Work item. Which lines of the entries contain the string "Bool"? Copy each of them.

[Recorded data]
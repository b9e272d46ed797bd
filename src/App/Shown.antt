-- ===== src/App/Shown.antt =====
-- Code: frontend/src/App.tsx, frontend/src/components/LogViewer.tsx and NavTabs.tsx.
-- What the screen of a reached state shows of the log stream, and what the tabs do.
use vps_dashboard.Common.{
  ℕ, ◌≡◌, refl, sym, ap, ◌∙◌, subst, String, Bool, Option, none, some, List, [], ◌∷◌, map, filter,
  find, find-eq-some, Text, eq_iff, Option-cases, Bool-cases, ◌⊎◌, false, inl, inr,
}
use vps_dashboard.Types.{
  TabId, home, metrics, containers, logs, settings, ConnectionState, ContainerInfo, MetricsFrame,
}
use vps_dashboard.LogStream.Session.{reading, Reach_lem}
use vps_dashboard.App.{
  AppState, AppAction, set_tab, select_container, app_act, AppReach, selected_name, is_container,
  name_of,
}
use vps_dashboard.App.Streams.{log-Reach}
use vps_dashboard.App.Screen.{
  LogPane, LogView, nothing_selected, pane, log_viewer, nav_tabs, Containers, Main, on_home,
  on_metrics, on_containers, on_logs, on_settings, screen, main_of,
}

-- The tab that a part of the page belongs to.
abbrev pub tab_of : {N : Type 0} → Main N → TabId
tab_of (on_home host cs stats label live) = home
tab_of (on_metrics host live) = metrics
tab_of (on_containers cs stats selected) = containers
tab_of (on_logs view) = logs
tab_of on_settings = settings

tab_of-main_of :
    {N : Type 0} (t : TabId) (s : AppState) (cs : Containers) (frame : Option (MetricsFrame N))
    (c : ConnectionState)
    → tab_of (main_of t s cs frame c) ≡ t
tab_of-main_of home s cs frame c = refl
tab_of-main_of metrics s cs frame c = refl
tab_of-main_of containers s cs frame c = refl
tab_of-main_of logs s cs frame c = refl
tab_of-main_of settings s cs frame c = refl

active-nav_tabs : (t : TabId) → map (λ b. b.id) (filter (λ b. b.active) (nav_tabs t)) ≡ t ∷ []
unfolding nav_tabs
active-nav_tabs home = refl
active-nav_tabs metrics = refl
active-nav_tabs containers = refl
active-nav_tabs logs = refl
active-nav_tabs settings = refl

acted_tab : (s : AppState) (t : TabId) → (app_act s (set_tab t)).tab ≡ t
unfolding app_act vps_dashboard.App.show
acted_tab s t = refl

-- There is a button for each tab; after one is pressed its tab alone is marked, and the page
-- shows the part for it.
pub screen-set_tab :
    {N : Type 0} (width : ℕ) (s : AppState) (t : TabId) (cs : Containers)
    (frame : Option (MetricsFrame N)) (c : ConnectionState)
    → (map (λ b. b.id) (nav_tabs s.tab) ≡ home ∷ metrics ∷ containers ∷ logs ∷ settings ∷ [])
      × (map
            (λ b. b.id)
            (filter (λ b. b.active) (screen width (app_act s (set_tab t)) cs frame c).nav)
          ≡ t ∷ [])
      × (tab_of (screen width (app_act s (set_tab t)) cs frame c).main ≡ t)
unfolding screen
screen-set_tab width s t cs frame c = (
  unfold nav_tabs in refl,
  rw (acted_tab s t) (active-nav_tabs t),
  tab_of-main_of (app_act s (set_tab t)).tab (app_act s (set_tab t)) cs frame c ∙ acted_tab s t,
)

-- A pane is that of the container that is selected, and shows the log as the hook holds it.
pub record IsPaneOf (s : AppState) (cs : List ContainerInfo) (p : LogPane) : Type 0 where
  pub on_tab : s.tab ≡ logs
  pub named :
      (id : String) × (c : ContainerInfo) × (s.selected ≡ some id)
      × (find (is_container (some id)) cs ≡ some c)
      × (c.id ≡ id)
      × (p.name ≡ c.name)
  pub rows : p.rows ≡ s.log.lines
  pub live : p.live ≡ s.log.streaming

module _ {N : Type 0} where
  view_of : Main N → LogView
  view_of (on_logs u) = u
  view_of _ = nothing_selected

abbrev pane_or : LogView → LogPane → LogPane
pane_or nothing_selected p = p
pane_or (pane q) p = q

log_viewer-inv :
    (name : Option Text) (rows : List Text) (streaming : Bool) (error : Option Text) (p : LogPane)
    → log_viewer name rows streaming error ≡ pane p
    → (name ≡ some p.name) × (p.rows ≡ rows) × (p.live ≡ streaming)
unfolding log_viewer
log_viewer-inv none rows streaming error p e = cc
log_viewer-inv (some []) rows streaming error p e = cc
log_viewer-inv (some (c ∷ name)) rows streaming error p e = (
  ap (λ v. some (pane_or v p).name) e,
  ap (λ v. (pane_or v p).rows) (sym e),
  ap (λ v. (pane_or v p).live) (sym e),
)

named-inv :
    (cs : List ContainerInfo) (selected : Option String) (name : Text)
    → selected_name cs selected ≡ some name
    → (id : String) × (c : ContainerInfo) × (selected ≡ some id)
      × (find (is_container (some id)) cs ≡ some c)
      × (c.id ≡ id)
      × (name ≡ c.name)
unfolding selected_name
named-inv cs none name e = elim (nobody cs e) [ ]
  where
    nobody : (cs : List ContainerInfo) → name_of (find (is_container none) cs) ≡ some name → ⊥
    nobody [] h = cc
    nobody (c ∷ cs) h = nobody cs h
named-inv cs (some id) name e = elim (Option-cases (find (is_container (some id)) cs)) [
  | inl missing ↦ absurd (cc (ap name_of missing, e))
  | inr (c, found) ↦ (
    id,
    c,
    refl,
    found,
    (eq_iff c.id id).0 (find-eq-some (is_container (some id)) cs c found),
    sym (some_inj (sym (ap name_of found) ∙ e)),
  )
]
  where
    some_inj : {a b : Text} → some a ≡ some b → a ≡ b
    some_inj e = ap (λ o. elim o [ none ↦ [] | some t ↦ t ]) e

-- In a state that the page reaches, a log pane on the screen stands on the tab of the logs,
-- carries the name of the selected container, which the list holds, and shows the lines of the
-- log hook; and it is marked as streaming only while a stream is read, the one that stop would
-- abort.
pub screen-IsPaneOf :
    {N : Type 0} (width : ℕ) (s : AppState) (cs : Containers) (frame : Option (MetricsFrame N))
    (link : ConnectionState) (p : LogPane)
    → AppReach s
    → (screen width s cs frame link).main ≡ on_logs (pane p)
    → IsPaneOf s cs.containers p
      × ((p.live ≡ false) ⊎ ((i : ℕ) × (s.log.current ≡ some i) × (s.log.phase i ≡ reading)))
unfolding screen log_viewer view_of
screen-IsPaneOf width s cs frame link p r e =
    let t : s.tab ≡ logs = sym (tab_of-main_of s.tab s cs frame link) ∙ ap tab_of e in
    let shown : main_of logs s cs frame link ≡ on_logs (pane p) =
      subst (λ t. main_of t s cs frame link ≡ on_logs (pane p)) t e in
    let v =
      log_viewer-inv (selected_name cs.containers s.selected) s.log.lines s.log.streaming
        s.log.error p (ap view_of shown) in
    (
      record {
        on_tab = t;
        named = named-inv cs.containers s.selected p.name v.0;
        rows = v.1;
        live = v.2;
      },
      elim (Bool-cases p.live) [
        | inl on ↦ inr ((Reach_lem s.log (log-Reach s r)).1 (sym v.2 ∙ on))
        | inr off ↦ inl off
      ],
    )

Exercise response.
  ℕ, ◌≡◌, refl, sym, ap, ◌∙◌, subst, String, Bool, Option, none, some, List, [], ◌∷◌, map, filter,
  find, find-eq-some, Text, eq_iff, Option-cases, Bool-cases, ◌⊎◌, false, inl, inr,
    (name : Option Text) (rows : List Text) (streaming : Bool) (error : Option Text) (p : LogPane)
      elim (Bool-cases p.live) [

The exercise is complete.